Data listing:
=== Begin Enclosure ===

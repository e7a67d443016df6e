-- ===== src/Json/Stream/Rounds/Arrays.antt =====
-- The loop of `parse_array_stream` (src/json/parse.rs).
use colander.Prelude.{◌≡◌, refl, ◌∙◌, true, false, [], ◌∷◌, ◌++◌, append_assoc, codes}
use colander.Json.{Json, Items, array, push}
use colander.Json.Write.{ordered}
use colander.Json.Input.{Input, Parser, skip}
use colander.Json.Parse.{item_round}
use colander.Json.Stream.{Stream, item_round_stream, push_out}
use colander.Json.Stream.Agree.{
  contra, Follows, Agrees, shared-Agrees, bind-Agrees, after_value-Agrees,
}
use colander.Json.Stream.Rounds.{head_items, ordered_items-push, head_items-push, ordered_array}

-- the state at the head of a round, when the items so far are `xs`
pub record Listing (st0 : Stream) (xs : Items) (st : Stream) : Type 0 where
  pub keeps : st0.repeated ≡ true → st.repeated ≡ true
  pub wrote : st.repeated ≡ false → st.out ≡ st0.out ++ b'[' ∷ head_items xs
  pub restores : st.repeated ≡ false → st.seen ≡ st0.seen

module _ (st0 : Stream) (xs : Items) (v : Json) (st st1 : Stream) (b : Listing st0 xs st)
    (f : Follows st (ordered v) st1) where
  written : st1.repeated ≡ false → st1.out ≡ st0.out ++ b'[' ∷ (head_items xs ++ ordered v)
  written h = rw (f.wrote h) (rw (b.wrote (contra f.keeps h)) (simp append_assoc))

  -- Behind a value and a comma the loop is at its head again.
  next-Listing : Listing st0 (push xs v) (push_out st1 (b',' ∷ []))
  next-Listing = record {
    keeps = λ e. f.keeps (b.keeps e);
    wrote = λ h. rw (written h) (rw (head_items-push xs v) (simp append_assoc));
    restores = λ h. f.restores h ∙ b.restores (contra f.keeps h);
  }

  -- Behind the closing bracket the array is written.
  done-Follows : Follows st0 (ordered (array (push xs v))) (push_out st1 (b']' ∷ []))
  done-Follows = record {
    keeps = λ e. f.keeps (b.keeps e);
    wrote =
        λ h. rw (written h) (rw ordered_array (rw (ordered_items-push xs v) (simp append_assoc)));
    restores = λ h. f.restores h ∙ b.restores (contra f.keeps h);
  }

-- A round agrees if the value and the rest of the loop do.
pub item_round-Agrees :
    (st0 : Stream) (element : Parser Json) (element_s : Stream → Parser Stream)
    (again : Items → Parser Json) (again_s : Stream → Parser Stream)
    → ((st : Stream) (i : Input) → Agrees st ordered (element i) (element_s st i))
    → ((xs : Items) (st : Stream) (i : Input)
        → Listing st0 xs st
        → Agrees st0 ordered (again xs i) (again_s st i))
    → (xs : Items) (st : Stream) (i : Input) → Listing st0 xs st
    → Agrees st0 ordered (item_round element again xs i) (item_round_stream element_s again_s st i)
unfolding item_round item_round_stream
item_round-Agrees st0 element element_s again again_s he ha xs st i b =
    shared-Agrees st0 ordered skip _ _ i λ _ i1.
      bind-Agrees st0 ordered st ordered element (element_s st) _ _ i1 (he st i1) λ v st1 i2 f.
        shared-Agrees st0 ordered skip _ _ i2 λ _ i3.
          after_value-Agrees st0 ordered b']' (codes "expected ',' or ']'") (again (push xs v)) _
            (again_s (push_out st1 (b',' ∷ []))) _ i3
            (λ j. ha (push xs v) (push_out st1 (b',' ∷ [])) j (next-Listing st0 xs v st st1 b f))
            (λ j. (push_out st1 (b']' ∷ []), refl, done-Follows st0 xs v st st1 b f))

=== End Enclosure ===

Task prompt:
Some lines of the listing may include the string "colander". Tally them and report only the total.

Result below:
8